Trajectory of sedition offence in post-independence India
Justice Nariman also highlighted how, during the constituent assembly debates, sedition did appear in the first draft, but Sardar Vallabhai Patel, at the insistence of Somnath Lahiri, removed it. When it came up in the second draft as well, it was removed as a result of vociferous attacks by K.M. Munshi, among others. Shortly after these judgments, an amendment was made, and finally ‘public order’ found a place in the clause which envisages “reasonable restrictions” on the freedom of expression.
Justice Nariman then mentioned that it is necessary to rid ourselves of the shackles of our colonial masters. He pointed out that any restriction on the freedom of speech and expression, as provided for in Article 19(1)(a) of the Constitution of India can only be implemented if such restriction is contained in Article 19(2), which did not contain the term ‘public order’ in its original form. Justice Nariman referred to the cases of Romesh Thapar (1950) and Brij Bhushan (1950), where sedition had not been used by the Supreme Court. Striking down Section 9 of the Madras Maintenance of Public Order, Act, 1949 and Section 7 of the East Punjab Public Safety Act, 1949, respectively, the apex court in these two judgments, which were given on the same day by the same six-judge Constitutional bench, noted that the heart of democracy is free political speech, and that pre-censorship was against this spirit of democracy.
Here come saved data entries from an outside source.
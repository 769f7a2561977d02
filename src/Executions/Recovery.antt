-- ===== src/Executions/Recovery.antt =====
-- The watchdog of apps/api/apps/executions/services.py keeps what had ended.
use Prim.Native.Nat.{ℕ}
use mathlib.Core.Path.{◌≡◌, refl, sym, subst}
use mathlib.Core.Bool.{true, false}
use mathlib.Core.Option.{Option, none, some}
use mathlib.Core.Logic.{inl, inr}
use mathlib.Core.List.{List, [], ◌∷◌}
use native.Mathlib.Omega.{arith}
use runbook_platform.Prelude.Tests.{Bool-cases, nat_eq}
use runbook_platform.Prelude.Tables.{
  find_row, find_row_key, find_row-update_row_same, find_row-update_where,
}
use runbook_platform.Store.{World}
use runbook_platform.Executions.Model.{
  Execution, execution_row, ExecutionStatus, ExecutionStep, step_row,
}
use runbook_platform.Executions.Completion.{is_outcome, is_underway, write_finished, close_lease}
use runbook_platform.Executions.Finality.{step_of_found, KeepsFinal, KeepsFinal-refl}
use runbook_platform.Executions.Steps.{step_is_finished, step_of}
use runbook_platform.Changes.Frame.{Frames-handle_bound}
use runbook_platform.Changes.Completion.{ChangeGuards}
use runbook_platform.Executions.Watchdog.{
  is_stuck, runs_in, write_step_failed, fail_stuck, run_hook, recover_one, recover_each,
  recover_stuck_executions, save_approval_timeout, announce_approval_timeout, approval_message,
  step_is_waiting, fail_waiting, fail_execution_for_approval_timeout,
}
use runbook_platform.Executions.Outcomes.{
  KeepsFinal-trans, KeepsFinal-same, write_open_steps-KeepsFinal, id-write_finished,
}

running_unfinished :
    (id : ℕ) (s : ExecutionStep) → step_is_finished s.status ≡ true → runs_in id s ≡ false
unfolding runs_in
running_unfinished id s done = ground arith

stuck_open : (t : ℕ) (e : Execution) → is_stuck t e ≡ true → is_outcome e.status ≡ false
unfolding is_stuck
stuck_open t e h = ground arith

fail_stuck-KeepsFinal :
    (e : Execution) (threshold now : ℕ) (w : World)
    → find_row e.id w.executions ≡ some e
    → is_outcome e.status ≡ false
    → KeepsFinal (fail_stuck e threshold now w) w
unfolding fail_stuck write_step_failed
fail_stuck-KeepsFinal e threshold now w at open_yet =
    write_open_steps-KeepsFinal e (write_finished ExecutionStatus.failed now) _ w
      (id-write_finished ExecutionStatus.failed now) at open_yet refl
      (λ k s found done.
        rw
          (
            find_row-update_where k (runs_in e.id) (write_step_failed now _) w.steps (λ y. refl),
            found,
            running_unfinished e.id s done,
          )
          refl)

module _ (guards : ChangeGuards) (now : ℕ) where
  run_hook-KeepsFinal : (e : Execution) (w : World) → KeepsFinal (run_hook guards e now w) w
  unfolding run_hook
  run_hook-KeepsFinal e w =
      let same = (Frames-handle_bound guards e now).frame w in
      KeepsFinal-same same.executions same.steps

  recover_one-KeepsFinal :
      (threshold stale_before k : ℕ) (o : Option Execution) (w : World)
      → find_row k w.executions ≡ o
      → KeepsFinal (recover_one guards threshold stale_before now o w).1 w
  unfolding recover_one close_lease
  recover_one-KeepsFinal threshold stale_before k none w at = KeepsFinal-refl w
  recover_one-KeepsFinal threshold stale_before k (some e) w at =
      elim (Bool-cases (is_stuck stale_before e)) [
        | inr fresh ↦ rw fresh (KeepsFinal-refl w)
        | inl stuck ↦ rw stuck (
            KeepsFinal-trans (run_hook-KeepsFinal (write_finished ExecutionStatus.failed now e) _) (
              KeepsFinal-trans (KeepsFinal-same refl refl) (
                fail_stuck-KeepsFinal e threshold now w
                  (subst (λ j. find_row j w.executions ≡ some e)
                    (sym (find_row_key k w.executions e at)) at)
                  (stuck_open stale_before e stuck))))
      ]

  recover_each-KeepsFinal :
      (threshold stale_before : ℕ) (cs : List Execution) (w : World)
      → KeepsFinal (recover_each guards threshold stale_before now cs w).1 w
  unfolding recover_each
  recover_each-KeepsFinal threshold stale_before [] w = KeepsFinal-refl w
  recover_each-KeepsFinal threshold stale_before (c ∷ cs) w =
      KeepsFinal-trans (recover_each-KeepsFinal threshold stale_before cs _)
        (recover_one-KeepsFinal threshold stale_before c.id (find_row c.id w.executions) w refl)

  pub recover_stuck_executions-KeepsFinal :
      (threshold : ℕ) (w : World) → KeepsFinal (recover_stuck_executions guards threshold now w).1 w
  unfolding recover_stuck_executions
  recover_stuck_executions-KeepsFinal threshold w = recover_each-KeepsFinal threshold _ _ w

  waiting_unfinished :
      (s : ExecutionStep) → step_is_waiting s.status ≡ true → step_is_finished s.status ≡ true → ⊥
  waiting_unfinished s a b = ground arith

  underway_open : (e : Execution) → is_underway e.status ≡ true → is_outcome e.status ≡ false
  underway_open e h = ground arith

  save_timeout-KeepsFinal :
      (approval_id : ℕ) (e : Execution) (s : ExecutionStep) (w : World)
      → find_row e.id w.executions ≡ some e
      → find_row s.id w.steps ≡ some s
      → is_underway e.status ≡ true
      → step_is_waiting s.status ≡ true
      → KeepsFinal (save_approval_timeout approval_id e s now w) w
  unfolding save_approval_timeout write_step_failed
  save_timeout-KeepsFinal approval_id e s w at at_step open_yet waiting =
      write_open_steps-KeepsFinal e (write_finished ExecutionStatus.failed now) _ w
        (id-write_finished ExecutionStatus.failed now) at (underway_open e open_yet) refl
        (λ k t found done.
          find_row-update_row_same k s.id (write_step_failed now approval_message) w.steps t
            (λ y. refl) found (λ here. absurd (waiting_unfinished s waiting (ground arith))))

  fail_waiting-KeepsFinal :
      (approval_id : ℕ) (e : Option Execution) (s : Option ExecutionStep) (w : World) (j : ℕ)
      → find_row j w.executions ≡ e
      → ((t : ExecutionStep) → s ≡ some t → find_row t.id w.steps ≡ some t)
      → KeepsFinal (fail_waiting guards approval_id now e s w).1 w
  unfolding fail_waiting announce_approval_timeout
  fail_waiting-KeepsFinal approval_id none s w j at at_step = KeepsFinal-refl w
  fail_waiting-KeepsFinal approval_id (some e) none w j at at_step = KeepsFinal-refl w
  fail_waiting-KeepsFinal approval_id (some e) (some s) w j at at_step =
      elim (Bool-cases (is_underway e.status)) [
        | inr ended ↦ rw ended (KeepsFinal-refl w)
        | inl open_yet ↦ rw open_yet (elim (Bool-cases (step_is_waiting s.status)) [
          | inr other ↦ rw other (KeepsFinal-refl w)
          | inl waiting ↦ rw waiting (
              KeepsFinal-trans (run_hook-KeepsFinal (write_finished ExecutionStatus.failed now e) _)
                (KeepsFinal-trans (KeepsFinal-same refl refl) (
                  save_timeout-KeepsFinal approval_id e s w
                    (subst (λ i. find_row i w.executions ≡ some e)
                      (sym (find_row_key j w.executions e at)) at)
                    (at_step s refl) open_yet waiting)))
        ])
      ]

  pub fail_execution_for_approval_timeout-KeepsFinal :
      (execution_id step_id approval_id : ℕ) (w : World)
      → KeepsFinal
          (fail_execution_for_approval_timeout guards execution_id step_id approval_id now w).1
          w
  unfolding fail_execution_for_approval_timeout
  fail_execution_for_approval_timeout-KeepsFinal execution_id step_id approval_id w =
      fail_waiting-KeepsFinal approval_id (find_row execution_id w.executions)
        (step_of execution_id step_id w) w execution_id refl
        (λ t h. step_of_found execution_id step_id t w h)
The retired judge finally referred to how in the Kedar Nath judgment of 1962, the Supreme Court opined that the penal provision of sedition would be attracted only if the expression of disaffection is accompanied by an attempted incitement to violence or disorder. He mentioned that the Shreya Singhal case of 2015 was decided along similar grounds. The latter judgment, which had been authored by Justice Nariman, had relied on the reasoning that the freedom of expression can only be restricted if there is a reasonable apprehension as to the incitement of offenses or violence.
He also discussed the coming into force of the draconian Unlawful Activities (Prevention) Act, 1967, which followed India’s wars with China and Pakistan. The Act contains no provisions for anticipatory bail and sets out a minimum sentence of imprisonment of 5 years, which can extend to imprisonment for life. For bail too, the only requirement placed under the Act is that law enforcement establish a prima facie case.
Here, Justice Nariman pointed out that a distinction was made between India as a State, as a concept, as a country, and as the government of the day.
Justice Nariman brought attention to how the law is now being used for booking persons, including journalists, under charges of sedition, with large sentences and no anticipatory bail. This, in turn, the retired judge remarked, is causing a chilling effect on free speech.
He observed that it is time the Supreme Court takes up the issue and implements the recommendations of the Law Commission. He also mentioned that the Supreme Court, in July this year, had questioned whether the law was “still necessary after 75 years of independence”.
Justice Nariman concluded that even the judgement in Shayara Bano in 2017 recognized the concept of manifest arbitrariness, and said that following the judgement, manifest arbitrariness is now a ground that can be used to argue that a colonial law is being brought to oppress free citizens. He said that the Supreme Court must stop sending these cases back to the government; governments come and go and it cannot be left to them to amend or repeal archaic laws.
(Shreyasi Singh is a B.A., LL.B. (Hons.) student at Dr. Ram Manohar Lohiya National Law University, Lucknow.)